§ TASK TO CARRY OUT
Count the lines of the data below that include the string "timer", and provide nothing but the result.

Stored data:
==*==
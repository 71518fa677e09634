-- ===== src/Device/Rpc/Server/Stuck.antt =====
-- CRPCServer, Src/Device/RPC/RPCServer.cpp, when more requests come at once than its pool has threads.
use shuchuang.Shared.{
  ℕ, ◌+◌, ◌≤◌, ◌≡◌, refl, Bool, true, false, Option, none, some, List, [], ◌∷◌, ◌++◌, arith, length,
  ltb, ◌∙◌, sym,
}
use shuchuang.Device.Rpc.Server.{
  Request, take_out, start, stop, add_request, run, handle_finish, give_task, post_answer,
}
use shuchuang.Device.Rpc.Server.Order.{
  Log, Step, starts, stops, adds, dequeues, finishes, Reach, here, next, count, count_ended,
  count-take_out, count_ended-append, ended_now,
}

module _ {O : Type 0} where
  -- The clients that run and those that have ended, as many as pass a test.
  abbrev clients : (Request → Bool) → Log O → ℕ
  clients p l = count p l.server.running + count_ended p l.ended

  -- The thread has ended and is not started again.
  pub record IsDead (l : Log O) : Type 0 where
    pub started : l.server.started ≡ true
    pub ended : l.server.alive ≡ false

  finishes-clients :
      (p : Request → Bool) (k : ℕ) (response : Option O) (l : Log O)
      (x : Option (Request × List Request))
      → take_out k l.server.running ≡ x
      → count p (post_answer x response l.server).running
          + count_ended p (l.ended ++ ended_now x response)
        ≡ clients p l
  unfolding post_answer count_ended
  finishes-clients p k response l none e = omega (arith, count_ended-append p l.ended [])
  finishes-clients p k response l (some (r, left)) e = omega (
    arith,
    count-take_out p k l.server.running r left e,
    count_ended-append p l.ended ((r, response) ∷ []),
  )

  finished-IsDead :
      (response : Option O) (l : Log O) (x : Option (Request × List Request))
      (more : List (Request × Option O))
      → IsDead l
      → IsDead (record l { server = post_answer x response l.server; ended = more })
  unfolding post_answer
  finished-IsDead response l none more d = record { started = d.started; ended = d.ended }
  finished-IsDead response l (some (r, left)) more d = record {
    started = d.started;
    ended = d.ended;
  }

  Step-IsDead :
      {capacity : ℕ} {l m : Log O} (p : Request → Bool)
      → Step capacity l m
      → IsDead l
      → IsDead m × (clients p m ≡ clients p l)
  unfolding start stop add_request handle_finish
  Step-IsDead {l} p starts d = rw d.started (record { started = refl; ended = d.ended }, refl)
  Step-IsDead {l} p (stops h) d = rw h (record { started = refl; ended = d.ended }, refl)
  Step-IsDead {l} p (adds r) d = (record { started = d.started; ended = d.ended }, refl)
  Step-IsDead {l} p (dequeues h) d = absurd (let e : true ≡ false = sym h ∙ d.ended in cc)
  Step-IsDead {l} p (finishes k response) d =
      (finished-IsDead response l _ _ d, finishes-clients p k response l _ refl)

  Reach-IsDead :
      {capacity : ℕ} {l m : Log O} (p : Request → Bool)
      → Reach capacity l m
      → IsDead l
      → IsDead m × (clients p m ≡ clients p l)
  Reach-IsDead p here d = (d, refl)
  Reach-IsDead p (next r s) d =
      let (dm, em) = Reach-IsDead p r d in let (dn, en) = Step-IsDead p s dm in (dn, en ∙ em)

  -- A request that the thread takes while all threads of the pool are busy ends the thread for good:
  -- whatever happens then, no request is given to a client any more, neither this one nor a later
  -- one, while the clients that run still end.
  pub run_busy :
      (capacity : ℕ) (l m : Log O) (r : Request) (rest : List Request)
      → l.server.started ≡ true
      → l.server.queue ≡ r ∷ rest
      → capacity ≤ length l.server.running
      → Reach capacity (record l { server = run capacity l.server }) m
      → (p : Request → Bool)
      → (m.server.alive ≡ false)
        × (count p m.server.running + count_ended p m.ended
            ≡ count p l.server.running + count_ended p l.ended)
  unfolding run give_task
  run_busy capacity l m r rest s q busy reach p =
      let no_thread : ltb (length l.server.running) capacity ≡ false = ground arith in
      let (d, e) =
        Reach-IsDead p reach (rw (q, no_thread) (record { started = s; ended = refl })) in
      (d.ended, e ∙ rw (q, no_thread) refl)
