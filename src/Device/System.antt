-- ===== src/Device/System.antt =====
-- CSystemManager, Src/Device/Component/System/SystemManager.cpp: the update of the firmware, and the
-- version of the device.
pub mod Updates
pub mod Checksum
pub mod Installs
pub mod Reset
pub mod Clock
use Prim.Native.String.{String, ◌++◌ as append_text}
use shuchuang.Shared.{
  Bool, true, false, Option, none, some, List, [], ◌∷◌, ◌++◌, not, ◌||◌, ◌==◌, string_key,
  if◌then◌else◌,
}
use shuchuang.Shared.Int.{ℤ, ltb_ℤ}
use shuchuang.Shared.Outcome.{
  Outcome, Action, ok, failed, thrown, pure, fail, throw, get, or_throw, modify, fail_if, ◌>>=◌,
  ◌>>◌,
}
use shuchuang.Shared.Poco.{Json}
use shuchuang.Common.Config.{Config, get_object}
use shuchuang.Device.World.{Message, system_will_reboot}

-- CSystemManager with what its handlers reach: the configuration, the parameter of the request, the
-- messages, and the texts that were copied to the path of the update information. `timer` says
-- whether a timer that runs `handleUpdate` was started.
pub record SystemManager (O : Type 0) : Type 0 where
  pub updating : Bool
  pub update_version : String
  pub timer : Bool
  pub config : Config O
  pub param : Option O
  pub posted : List Message
  pub copied : List (String × String)

-- The three entries of the update information.
pub record Info : Type 0 where
  pub version : String
  pub buildtime : String
  pub checksum : String

-- The FTP client, which logs in or not or throws, and downloads a file or throws; the parser of the
-- update information and the one of dates; MD5; the build time of the running program.
pub record Ftp : Type 0 where
  pub login : String → String → String → Option Bool
  pub download : String → Option String
  pub read_info : String → Option Info
  pub parse_date : String → Option ℤ
  pub file_md5 : String → String
  pub mktime : String

-- The version and the build time in the file at a path.
pub record InfoFile : Type 0 where
  pub version : String
  pub buildtime : String

module _ {O : Type 0} ⦃j : Json O⦄ where
  unfoldable pub on_config : {A : Type 0} → Action (Config O) A → Action (SystemManager O) A
  on_config m s = let (r, c) = m s.config in (r, record s { config = c })

  write_param : O → Action (SystemManager O) (Unit {0})
  write_param o = modify (λ s. record s { param = some o })

  abbrev pub lacks_version : Option O → Bool
  lacks_version p = elim p [ none ↦ true | some o ↦ not (j.has o "version") ]

  unfoldable pub start_update : Action (SystemManager O) (Unit {0})
  unfolding write_param
  start_update = do
    s ← get
    fail_if s.updating "463"
    modify (λ s. record s { updating = true })
    fail_if (lacks_version s.param) "464"
    o ← or_throw s.param
    version ← or_throw (j.get_string o "version")
    modify (λ s. record s { update_version = version; timer = true })
    if j.has o "token" then write_param (j.remove o "token") else pure tt

  abbrev lacks_info_path : Option O → Bool
  lacks_info_path p = elim p [ none ↦ true | some o ↦ not (j.has o "infoPath") ]

  unfoldable pub answer_version : Option InfoFile → Action (SystemManager O) (Unit {0})
  unfolding write_param
  answer_version none = fail "465"
  answer_version (some info) = do
    s ← get
    o ← or_throw s.param
    let p = if j.has o "token" then j.remove o "token" else o in
        write_param
          (j.set_string (j.set_string p "version" info.version) "buildtime" info.buildtime)

  -- `file` says what stands at a path.
  unfoldable pub get_dev_version : (String → Option InfoFile) → Action (SystemManager O) (Unit {0})
  unfolding on_config
  get_dev_version file = do
    update ← on_config (get_object "Update")
    fail_if (lacks_info_path update) "901"
    u ← or_throw update
    path ← or_throw (j.get_string u "infoPath")
    answer_version (file path)

  -- `m_updating = false; return`
  unfoldable pub give_up : Action (SystemManager O) (Unit {0})
  give_up = modify (λ s. record s { updating = false })

  -- After the check of the checksum: the copy of the information, and the reboot.
  unfoldable pub install : O → String → Action (SystemManager O) (Unit {0})
  install u text = do
    path ← or_throw (j.get_string u "infoPath")
    modify (λ s. record s {
      copied = s.copied ++ (path, text) ∷ [];
      updating = false;
      posted = s.posted ++ system_will_reboot ∷ [];
    })

  unfoldable pub check_file :
      Ftp → O → String → Info → Option String → Action (SystemManager O) (Unit {0})
  check_file ftp u text info none = give_up
  check_file ftp u text info (some body) =
      if ftp.file_md5 body == info.checksum then install u text else give_up

  unfoldable pub check_info :
      Ftp → O → String → String → Option Info → Action (SystemManager O) (Unit {0})
  check_info ftp u type text none = give_up
  check_info ftp u type text (some info) = do
    s ← get
    built ← or_throw (ftp.parse_date ftp.mktime)
    update_built ← or_throw (ftp.parse_date info.buildtime)
    let path = append_text (append_text (append_text type "/") s.update_version) "/DeviceTest" in
        if ltb_ℤ update_built built then give_up else check_file ftp u text info (ftp.download path)

  unfoldable pub check_text : Ftp → O → String → Option String → Action (SystemManager O) (Unit {0})
  check_text ftp u type none = give_up
  check_text ftp u type (some text) = check_info ftp u type text (ftp.read_info text)

  unfoldable pub fetch_info : Ftp → O → Action (SystemManager O) (Unit {0})
  unfolding on_config
  fetch_info ftp u = do
    device ← on_config (get_object "DeviceInfo")
    d ← or_throw device
    type ← or_throw (j.get_string d "type")
    check_text ftp u type (ftp.download (append_text type "/Info"))

  -- The test looks for the user name twice, and never for the password.
  abbrev pub lacks_server : O → Bool
  lacks_server u = not (j.has u "server") || (not (j.has u "username") || not (j.has u "username"))

  unfoldable pub log_in : Ftp → O → Action (SystemManager O) (Unit {0})
  log_in ftp u = do
    server ← or_throw (j.get_string u "server")
    username ← or_throw (j.get_string u "username")
    password ← or_throw (j.get_string u "password")
    logged ← or_throw (ftp.login server username password)
    if logged then fetch_info ftp u else give_up

  unfoldable pub update_from : Ftp → Option O → Action (SystemManager O) (Unit {0})
  update_from ftp none = give_up
  update_from ftp (some u) = if lacks_server u then give_up else log_in ftp u

  unfoldable pub read_config : Ftp → Action (SystemManager O) (Unit {0})
  unfolding on_config
  read_config ftp = do update ← on_config (get_object "Update"); update_from ftp update

  unfoldable pub handle_update : Ftp → Action (SystemManager O) (Unit {0})
  handle_update ftp = do s ← get; if s.updating then read_config ftp else pure tt
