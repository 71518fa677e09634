-- ===== src/Device/System/Checksum.antt =====
-- CSystemManager, `getFileMD5` of Src/Device/Component/System/SystemManager.cpp: the MD5 of a file, read
-- in pieces.
use Prim.Native.String.{String}
use shuchuang.Shared.{
  ℕ, zero, suc, ◌+◌, ◌≤◌, ◌<◌, ◌≡◌, refl, ap, ◌∙◌, true, false, Option, none, some, List, [], ◌∷◌,
  ◌++◌, arith, Bool-cases, inl, inr, length, take, drop, ltb, if◌then◌else◌,
}

-- `MD5Engine`: what is added in two pieces counts as the one that they make.
pub record Md5Engine (S : Type 0) : Type 0 where
  pub begin : S
  pub update : S → List ℕ → S
  pub digest : S → String
  pub update-append : (s : S) (a b : List ℕ) → update (update s a) b ≡ update s (a ++ b)

abbrev pub buffer_size : ℕ
buffer_size = 8192

module _ {A : Type 0} where
  take-drop : (n : ℕ) (l : List A) → take n l ++ drop n l ≡ l
  take-drop zero l = refl
  take-drop (suc n) [] = refl
  take-drop (suc n) (x ∷ l) = ap (λ r. x ∷ r) (take-drop n l)

  length-take : (n : ℕ) (l : List A) → length (take n l) + length (drop n l) ≡ length l
  length-take zero l = omega arith
  length-take (suc n) [] = omega arith
  length-take (suc n) (x ∷ l) = omega (arith, length-take n l)

  take-short : (n : ℕ) (l : List A) → length (take n l) < n → take n l ≡ l
  take-short zero l h = ground arith
  take-short (suc n) [] h = refl
  take-short (suc n) (x ∷ l) h = ap (λ r. x ∷ r) (take-short n l (omega arith))

  drop-shorter :
      (n : ℕ) (l : List A)
      → buffer_size ≤ length (take buffer_size l)
      → length l < suc n
      → length (drop buffer_size l) < n
  drop-shorter n l a b = omega (arith, length-take buffer_size l)

ltb-less : (a b : ℕ) → ltb a b ≡ true → a < b
ltb-less a b e = ground arith

ltb-more : (a b : ℕ) → ltb a b ≡ false → b ≤ a
ltb-more a b e = ground arith

module _ {S : Type 0} ⦃e : Md5Engine S⦄ where
  -- The loop, for at most so many pieces. `file` are the bytes that the stream gives, up to the end of
  -- the file or to a read error: a read that gives fewer than it was asked for sets `eof` in both cases.
  unfoldable pub hash_file : ℕ → List ℕ → S → Option S
  hash_file zero file s = none
  hash_file (suc n) file s =
      let piece = take buffer_size file in
      let added = e.update s piece in
      let rest = hash_file n (drop buffer_size file) added in
      if ltb (length piece) buffer_size then some added else rest

  hash_file-whole :
      (n : ℕ) (file : List ℕ) (s : S)
      → length file < n
      → hash_file n file s ≡ some (e.update s file)
  unfolding hash_file
  hash_file-whole zero file s h = ground arith
  hash_file-whole (suc n) file s h =
      let piece = take buffer_size file in
      let rest = drop buffer_size file in
      elim (Bool-cases (ltb (length piece) buffer_size)) [
        | inl t ↦
            rw t (ap (λ x. some (e.update s x)) (take-short buffer_size file (ltb-less _ _ t)))
        | inr f ↦ rw f (
            hash_file-whole n rest (e.update s piece) (drop-shorter n file (ltb-more _ _ f) h)
            ∙ ap some (e.update-append s piece rest)
            ∙ ap (λ x. some (e.update s x)) (take-drop buffer_size file))
      ]

-- One piece more than the file has bytes.
unfoldable pub get_file_md5 : {S : Type 0} → Md5Engine S → List ℕ → Option String
get_file_md5 e file = elim (hash_file ⦃e = e⦄ (suc (length file)) file e.begin) [
  | none ↦ none
  | some s ↦ some (e.digest s)
]

-- The loop ends on each file, after at most one piece more than the stream gives bytes, and what it gives
-- is the digest of all these bytes at once.
pub get_file_md5-digest :
    {S : Type 0} (e : Md5Engine S) (file : List ℕ)
    → get_file_md5 e file ≡ some (e.digest (e.update e.begin file))
unfolding get_file_md5
get_file_md5-digest e file =
    rw (get_file_md5, hash_file-whole ⦃e = e⦄ (suc (length file)) file e.begin (omega arith)) refl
==*==
§ ANSWER BOX
4